* **What is needed**
In the material below, the lines containing the word "else" are required; copy each of them.
□ □ □
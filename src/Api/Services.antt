-- ===== src/Api/Services.antt =====
-- iotronic/api/controllers/v1/service.py: ServicesController and PublicServicesController.
use stack4things_openstack_i.Conductor.RpcApi.Messages.{Message}
use stack4things_openstack_i.Action.{Action, Exception, Result, lift, ok, raised, ◌>>=◌, ◌>>◌}
use stack4things_openstack_i.Api.Boards.{want_collection}
use stack4things_openstack_i.Api.Listing.{
  Answered, Query, allow, fields_or, get_page, rpc_show, rpc_silent, show, show_list,
}
use stack4things_openstack_i.Api.Resources.Kinds.{service_kind}
use stack4things_openstack_i.Api.Utils.{ApiConf, Context, get_rpc_service, set_all, want, want_name}
use stack4things_openstack_i.Base.{
  Bool, List, Option, String, [], if◌then◌else◌, not, true, ◌&&◌, ◌∷◌,
}
use stack4things_openstack_i.Common.Policy.{Enforcer, get_item, set_item}
use stack4things_openstack_i.Db.Engine.{Engine}
use stack4things_openstack_i.Db.Filters.{Filters}
use stack4things_openstack_i.Db.Schema.{Column, Value, Values, value_of}
use stack4things_openstack_i.Db.Services.{get_service_by_uuid}
use stack4things_openstack_i.Objects.{field_values, new_object, set_attr}
use stack4things_openstack_i.Objects.Listing.{list_services}

abbrev service_return_fields : List String
service_return_fields = "name" ∷ "uuid" ∷ "project" ∷ "port" ∷ "protocol" ∷ "extra" ∷ []

-- filters['project'] is the user; the listing of services looks at no such filter
unfoldable pub service_filters : Context → Bool → Bool → Result Filters
service_filters ctx with_public all_services =
    if all_services && not ctx.is_admin
    then raised Exception.client_side_error
    else if all_services
    then ok []
    else if with_public
    then ok (("project", ctx.user_id) ∷ ("with_public", Value.bool true) ∷ [])
    else ok (("project", ctx.user_id) ∷ [])

module _ ⦃E : Engine⦄ ⦃F : Enforcer⦄ (conf : ApiConf) (ctx : Context) where
  unfoldable pub get_services_collection :
      Query → Option (List String) → Bool → Bool → Action Answered
  unfolding get_page service_filters list_services show_list
  get_services_collection q fields with_public all_services = do
    page ← get_page conf get_service_by_uuid ("extra" ∷ []) q
    filters ← lift (service_filters ctx with_public all_services)
    services ← list_services filters page
    show_list conf service_kind fields page.limit q.sort_key q.sort_dir services

  unfoldable pub get_public_services : Query → Action Answered
  unfolding allow get_page list_services show_list
  get_public_services q = do
    allow "iot:service:get" ctx.policy_values
    page ← get_page conf get_service_by_uuid ("extra" ∷ "location" ∷ []) q
    services ← list_services (("public", Value.bool true) ∷ []) page
    show_list conf service_kind (fields_or service_return_fields q.fields) page.limit q.sort_key
        q.sort_dir services

  unfoldable pub get_service_one : String → Option (List String) → Action Answered
  unfolding get_rpc_service allow set_item show
  get_service_one service_ident fields = do
    rpc_service ← get_rpc_service service_ident
    allow "iot:service:get_one"
        (set_item ctx.policy_values "project" (rpc_service.row Column.project))
    show conf service_kind fields rpc_service

  unfoldable pub get_service_all : Query → Bool → Bool → Action Answered
  unfolding allow get_services_collection
  get_service_all q with_public all_services = do
    allow "iot:service:get" ctx.policy_values
    get_services_collection q (fields_or service_return_fields q.fields) with_public all_services

  unfoldable pub detail_services : String → Query → Bool → Bool → Action Answered
  unfolding allow get_services_collection
  detail_services parent q with_public all_services = do
    allow "iot:service:get" ctx.policy_values
    want_collection "services" parent
    get_services_collection q q.fields with_public all_services

  unfoldable pub post_service : Values → Action Answered
  unfolding allow want want_name new_object field_values rpc_show get_item
  post_service values = do
    allow "iot:service:create" ctx.policy_values
    want (value_of Column.name values)
    want_name (value_of Column.name values)
    typed ← lift (field_values values)
    project ← lift (get_item ctx.policy_values "project_id")
    rpc_show conf service_kind
        (Message.create_service (set_attr (new_object typed) Column.project project))

  unfoldable pub delete_service : String → Action Answered
  unfolding allow get_rpc_service rpc_silent
  delete_service service_ident = do
    allow "iot:service:delete" ctx.policy_values
    rpc_service ← get_rpc_service service_ident
    rpc_silent conf (Message.destroy_service (rpc_service.row Column.uuid))

  unfoldable pub patch_service : String → Values → Action Answered
  unfolding allow set_item get_rpc_service set_all rpc_show
  patch_service service_ident values = do
    rpc_service ← get_rpc_service service_ident
    allow "iot:service:update"
        (set_item ctx.policy_values "project" (rpc_service.row Column.project))
    rpc_show conf service_kind (Message.update_service (set_all rpc_service values))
□ □ □
* **Expected answer**
  Bool, List, Option, String, [], if◌then◌else◌, not, true, ◌&&◌, ◌∷◌,
    else if all_services
    else if with_public
    else ok (("project", ctx.user_id) ∷ [])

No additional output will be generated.